Inflation aux États-Unis : la Fed pourrait devoir relever ses taux « à court terme »
Le gouverneur de la Réserve fédérale américaine Christopher Waller a prévenu lundi que la banque centrale pourrait devoir relever ses taux d’intérêt « à court terme » si l’inflation sous-jacente reste élevée, à la veille de la publication de l’indice des prix à la consommation de juin. Ancien partisan d’une politique monétaire accommodante, M. Waller a nettement durci son discours face à la remontée de l’inflation depuis la guerre au Moyen-Orient.
Une mise en garde à la veille de la publication du CPI
La Réserve fédérale américaine (Fed) risque de devoir relever ses taux d’intérêt « à court terme » si l’inflation continue d’évoluer dans la mauvaise direction, a prévenu lundi le gouverneur Christopher Waller. La banque centrale « doit se tenir prête à resserrer sa politique monétaire pour éviter une répétition de l’épisode d’inflation de 2021-22 », a-t-il déclaré à New York, lors d’un évènement organisé par l’association d’économistes NYABE.
« Je suis conscient de l’erreur que nous avons commise en 2021 en ne réagissant pas plus tôt face à la forte inflation que nous connaissions, et je suis déterminé à ne pas la répéter », a-t-il ajouté.
D’un profil de « colombe » à un ton plus « faucon »
M. Waller était considéré comme l’un des banquiers centraux américains les plus « colombes », c’est-à-dire plus soucieux de soutenir l’activité économique que de lutter contre l’inflation. Sa position s’est nettement rapprochée de celle des « faucons » depuis que la guerre au Moyen-Orient a fait redécoller l’inflation aux États-Unis.
L’inflation sous-jacente, principale source d’inquiétude
L’indice PCE, privilégié par la Fed pour surveiller les prix, était en hausse de 4,1% en mai, au plus haut depuis trois ans, soit le double de l’objectif visé par l’institution monétaire. L’indice des prix à la consommation (CPI) de juin doit être publié mardi et devrait marquer un ralentissement grâce au reflux des prix à la pompe sur la période.
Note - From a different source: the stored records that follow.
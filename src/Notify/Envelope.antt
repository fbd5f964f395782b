-- ===== src/Notify/Envelope.antt =====
-- internal/sealed/sealed.go: Envelope, which seals the settings under a key of their own that the
-- master key wraps.
use go_tangra_notification.Prelude.{
  ℕ, ◌+◌, Option, none, some, List, ◌++◌, String, if◌then◌else◌, ltb, length, take, drop, Result,
  ok, err, injected, settings_size, bind_result,
}
use go_tangra_notification.Notify.Settings.{Codec, max_settings_bytes}

module _ (c : Codec) where
  -- The sealed bytes under three random texts: the data key and two nonces.
  unfoldable pub sealed_bytes : List ℕ → List ℕ → List ℕ → List ℕ → String → List ℕ
  sealed_bytes dek n1 n2 plain ad =
      n1 ++ (c.kek.seal n1 dek ad ++ (n2 ++ (c.gcm dek).seal n2 plain ad))

  -- `seed` numbers the seal, of which the random source is read three times.
  unfoldable pub seal : ℕ → List ℕ → String → Result (List ℕ)
  seal seed plain ad =
      if ltb max_settings_bytes (length plain)
      then err settings_size
      else bind_result (c.random seed 0 32) (λ dek.
        bind_result (c.random seed 1 c.kek.nonce_size) (λ n1.
          bind_result (c.random seed 2 c.kek.nonce_size)
            (λ n2. ok (sealed_bytes dek n1 n2 plain ad))))

  abbrev rejected : Option (List ℕ) → Result (List ℕ)
  rejected none = err (injected "sealed: ciphertext rejected")
  rejected (some b) = ok b

  -- What stands behind the wrapped key.
  unfoldable pub unseal_rest : List ℕ → String → List ℕ → Result (List ℕ)
  unseal_rest rest ad dek =
      rejected ((c.gcm dek).unseal (take c.kek.nonce_size rest) (drop c.kek.nonce_size rest) ad)

  unfoldable pub unseal : List ℕ → String → Result (List ℕ)
  unseal blob ad =
      let ns = c.kek.nonce_size in
      let wrap = 32 + c.kek.overhead in
      if ltb (length blob) (ns + wrap + ns + 16)
      then err (injected "sealed: ciphertext rejected")
      else bind_result (rejected (c.kek.unseal (take ns blob) (take wrap (drop ns blob)) ad))
          (unseal_rest (drop (ns + wrap) blob) ad)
Mais M. Waller se dit particulièrement préoccupé par le niveau de l’inflation sous-jacente, qui exclut les fluctuations de prix de l’alimentation et de l’énergie.
« Si les chiffres de l’inflation sous-jacente s’avèrent à nouveau élevés cette semaine », le comité fixant les taux directeurs « devra alors envisager de resserrer sa politique monétaire à court terme », a-t-il lancé, ajoutant : « Se contenter de fixer l’inflation d’un regard sévère jusqu’à ce qu’elle fonde sous notre regard foudroyant n’est pas une option. »
Les marchés révisent leurs anticipations
Ses propos ont immédiatement fait réagir les investisseurs, plus nombreux à envisager une hausse des taux dès la prochaine réunion de politique monétaire, prévue à la fin du mois, selon l’outil de veille CME FedWatch. Une majorité penche toutefois encore pour un statu quo, qui serait le cinquième d’affilée.
Un ancien favori de Trump, finalement écarté au profit de Kevin Warsh
Gouverneur depuis 2020 – Donald Trump l’avait désigné lors de son premier mandat à la Maison Blanche -, Christopher Waller était cité comme l’un des favoris du milliardaire républicain pour succéder à Jerome Powell à la tête de la Fed. Le président américain, qui attend des taux d’intérêt plus bas, lui a finalement préféré Kevin Warsh, confirmé à la présidence de la Fed en mai.
Waller plaide pour la transparence de la Fed
M. Warsh a posé comme principe de ne donner aucune indication sur la trajectoire possible de la politique monétaire, laissant les investisseurs faire leurs propres déductions en fonction des données économiques publiées. « Depuis le temps que je suis économiste, je n’ai jamais vu la moindre théorie affirmant qu’on améliore la vie des gens ou le fonctionnement des marchés en ne leur disant pas ce qu’on pense. Surprendre les gens n’est pas une bonne idée », a estimé Christopher Waller, se présentant comme « un fervent défenseur de la transparence ».